Help calculate the calories in my favorite NYC street food: lamb over rice.
August 19, 2009 10:38 AM   Subscribe

Help calculate the calories/fat in my favorite NYC street food: lamb over rice.

So, I am watching what I eat, but there are certain things I'd like to indulge on once in a while, as long as I know the size of the crime I am committing, I think I am ok.

One of these things is lamb over rice. If you ever had it (and if you live in NYC you probably have) this is a styrofoam container filled with:

1) About 3-4 cups of cooked yellow rice
2) A good portion of what I think is chopped gyro meat, I cant really quantify it, but it looks like 1/2-1 cup
3) A very tiny lettuce salad
4) All this covered on a white sauce that's either Tzatziki or Tahini, but I think it's the former (it may be something else).

(I am talking about this)

First, I'm having a hard time quantify the amount of gyro meat that go into these things. Is the sauce really tzatziki? Also does anyone have any idea of the calorie/fat count of any of the meat and sauce?

Thanks!
posted by falameufilho to Food & Drink (9 answers total) 3 users marked this as a favorite
 
I've eaten my share and have no idea how to figure that out, but I would bet that the real calorie bomb is actually the rice, which is probably cooked and soaked in flavored butter or oil.
posted by RandlePatrickMcMurphy at 11:04 AM on August 19, 2009


Best answer: From CalorieCount:

170.0g lamb, ground, cooked, broiled: 482 Calories
55.0g Iceberg Lettuce: 8 Calories
171.0g Yellow Rice: 570 Calories
50 grams Tzatiki Sauce: 27 Calories

Total: 1087 Calories

The basic weights may be off, and I know they add oil sometimes when grilling the gyro slices so the calorie count might go up from that as well. I'm assuming an equal ratio of rice to lamb here, which is probably not correct either, but this should give you a general estimate.
posted by scrutiny at 11:22 AM on August 19, 2009


I literally just finished mine a few minutes ago. I think the rice may be worse than that -- I agree it's cooked with something.
posted by The Bellman at 11:40 AM on August 19, 2009


Best answer: I’m not sure whether the white sauce is included in the 680 calories that make up a lamb over rice platter. A good reporter would have asked… but like I said before- I really don’t want to know.
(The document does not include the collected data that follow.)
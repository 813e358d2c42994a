-- ===== src/Lib.antt =====
-- The web client of the photo platform, as definitions that follow its TypeScript code, with the
-- theorems that make it correct; and the mobile client.
--
-- Each page of frontend/src is a module of its own, and so is each service that the pages share.
-- Paths without a first folder are in frontend/src:
--
-- - Prelude: numbers, lists, texts as UTF-16 code units, and what a component renders. A rendered
--   page is the list of its visible nodes; a control carries the message that its handler stands
--   for, and `Offers m nodes` says that the user can send the message `m`.
-- - Format: utils/format.ts of both clients (formatFileSize).
-- - Auth: store/authStore.ts, the store's memory together with the keys of localStorage.
-- - Api: api/images.ts, tags.ts, admin.ts and auth.ts, a constructor of `Call` for each function.
--   Api/Backend has the route table of backend/internal/router/router.go.
-- - Http: api/client.ts, the two interceptors (`authorize`, `on_answer`) and the retry (`client`);
--   Http/Calls has the same with any number of calls under way at once; in Http/InTurn each call
--   waits for the one before it, and `Promises` is what the backend promises of its tokens, for the
--   routes behind its middleware.
-- - Media: images, tags and the effects of handlers (calls, messages, navigation, stale queries).
-- - Gallery: pages/gallery/GalleryPage.tsx; Gallery/Card and Gallery/View have what it renders.
-- - Upload: pages/upload/UploadPage.tsx; the loop of handleUpload between two answers is the field
--   `run` of the state. Upload/Sending sets the page on top of Http.
-- - SignIn: pages/auth/AuthPage.tsx, both forms.
-- - Comments: components/comments/CommentsSection.tsx.
-- - Routes: App.tsx with ProtectedRoute and AdminRoute; Routes/Layout: AppLayout.tsx.
-- - Admin: pages/admin/TagManagePage.tsx, UserManagementPage.tsx, ImageManagementPage.tsx and
--   DashboardPage.tsx, of which Admin/Dashboard/Lines has what the charts draw.
-- - Detail: pages/gallery/ImageDetailPage.tsx.
-- - Profile: pages/profile/ProfilePage.tsx. Spark has what its small charts and those of the
--   dashboard share.
-- - Landing: pages/LandingPage.tsx and pages/NotFoundPage.tsx.
-- - Cursor: hooks/useCursor.tsx, without the place of the cursor, which follows springs.
-- - Mobile: mobile/src. Session is store/authStore.ts, Client is api/client.ts, with Client/Calls for
--   any number of calls at once (Client/Web and Client/Calls/Alike set them against the web client),
--   Api the other files of api/, Navigation is navigation/RootNavigator.tsx. Feed is the endless list that screens/GalleryScreen.tsx and
--   LandingScreen.tsx share (modules Gallery, Landing and Card), Forms has LoginScreen.tsx and
--   RegisterScreen.tsx, and Upload, Detail, Profile and Admin are the screens of those names.
--
-- A page is a state with a field for each `useState`, and `update`, which maps a message and a
-- state to the next state and the effects, in their order. An asynchronous handler is cut at its
-- waits: its first part makes the call, and the answer comes back as a message. So any interleaving
-- of what the user does with the answers is a sequence of messages. What a page reads and does not
-- keep (the address, the session's user, the results of its queries) is a record `Env`.
--
-- React renders a screen and then runs its effects: `commit` of Mobile/Feed does both, and tells
-- whether an effect has set the state, which asks for another render.
--
-- Fuel: `client` (of both clients) has fuel for passages through the interceptors, and two are
-- enough, since a retried request is not retried again; `visit` has fuel for redirects, and two
-- addresses are enough; `settle` answers one upload for each unit, and one for each waiting file is
-- enough.
--
-- Parameters: the network (`Network`), `arrayMove` of @dnd-kit, the choice of a route by
-- react-router (`IsRouter`), the clock and the days between dates. Numbers are natural numbers,
-- which the code's doubles hold exactly in the ranges used; a rounded quotient is rounded from the
-- exact one.
--
-- While its loop of uploads runs, the upload page offers no start of another; the message for it would
-- replace the loop in the model, where the source would run a second one beside it.
--
-- Not modelled: styles and animations, smooth scrolling, where the landing page's images float in
-- space, the stacks of the mobile navigation, the Go backend, monitoring and deployment. The backend
-- appears in its route table and in what it answers.
pub mod Prelude
pub mod Format
pub mod Auth
pub mod Api
pub mod Http
pub mod Media
pub mod Gallery
pub mod Upload
pub mod SignIn
pub mod Spark
pub mod Comments
pub mod Cursor
pub mod Routes
pub mod Admin
pub mod Detail
pub mod Profile
pub mod Mobile
pub mod Landing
That 680 is for 100g, which, according to a commenter, is about 1/4 of the contents of the typical street meat styrofoam box.

More details in comments.
posted by notyou at 12:11 PM on August 19, 2009


Response by poster: @notyou - my favorite comment:
Some quick math: As posted, the sign says 100 grams of Gyro platter = 680 calories.

Platter probably weighs (conservative estimate) = 1 pound = 16 oz. = 435 g.
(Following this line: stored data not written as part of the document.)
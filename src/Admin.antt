-- ===== src/Admin.antt =====
-- frontend/src/pages/admin/: the pages of the administration.
pub mod Tags
pub mod Users
pub mod Images
pub mod Dashboard
mod Tests
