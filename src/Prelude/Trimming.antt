-- ===== src/Prelude/Trimming.antt =====
-- What `trim` leaves.
use Prim.Native.Nat.{◌≤◌}
use mathlib.Core.Path.{◌≡◌, refl, ap, ◌∙◌}
use mathlib.Core.List.{[], ◌∷◌, reverse, reverse-cons}
use native.Mathlib.Omega.{arith}
use zhici_photo_upload_platf.Prelude.Lists.{length, length-append}
use zhici_photo_upload_platf.Prelude.Texts.{Text, trim_start, trim}

length-trim_start : (s : Text) → length (trim_start s) ≤ length s
length-trim_start [] = omega arith
length-trim_start (c ∷ s) = ground (arith, length-trim_start s)

length-reverse : (s : Text) → length (reverse s) ≡ length s
length-reverse [] = refl
length-reverse (c ∷ s) =
    ap (λ (t : Text). length t) (reverse-cons c s)
    ∙ length-append (reverse s) (c ∷ [])
    ∙ omega (arith, length-reverse s)

pub length-trim : (s : Text) → length (trim s) ≤ length s
unfolding trim
length-trim s = omega (
  arith,
  length-reverse (trim_start (reverse (trim_start s))),
  length-trim_start (reverse (trim_start s)),
  length-reverse (trim_start s),
  length-trim_start s,
)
435 g is 4.35 times the posted calories on the sign.

4.35 x 680 = 2,958 calories.

About the same as 2 Quarter-Pounders with Cheese, a large fries and a large Strawberry Triple-Thick Shake.
That's not considering the white sauce. Ugh.
posted by falameufilho at 12:58 PM on August 19, 2009 [1 favorite]


I like the hot sauce on mine too. Good stuff.
posted by reptile at 1:43 PM on August 19, 2009


Best answer: What I've done in the past with my favorite fast food meals is ask for things like white sauce on the side, then take the whole thing home and deconstruct it onto a plate on a kitchen scale, measuring each component as I remove it from the box and looking up near equivalents on CalorieCount.About.Com or DailyPlate.com. Assuming it's pretty much the same thing everywhere, or you get it from the same place each time, that'll get you close enough for government work.

My favorite bit of takeout -- a beef shawarma platter from the Turkish place near my house -- counted out as 1487 calories using that method. Needless to say, it's no longer my favorite bit of takeout.
posted by jacquilynne at 1:50 PM on August 19, 2009 [1 favorite]


Best answer: Someone posted it to Daily Plate and here's more Midtown Lunch discussion.

And be careful of the white sauce. A lot of times it's not Tzatiki (which is yogurt based), it's mayo.

My nutritionist suggested to me to ask for more veggies and less rice to help pretend that it's healthy.
posted by mrsshotglass at 1:58 PM on August 19, 2009


I like jacquilynne's idea of deconstructing the dish and measuring it - especially because, since everyone probably gets food from the same cart every time, you only need to do it once.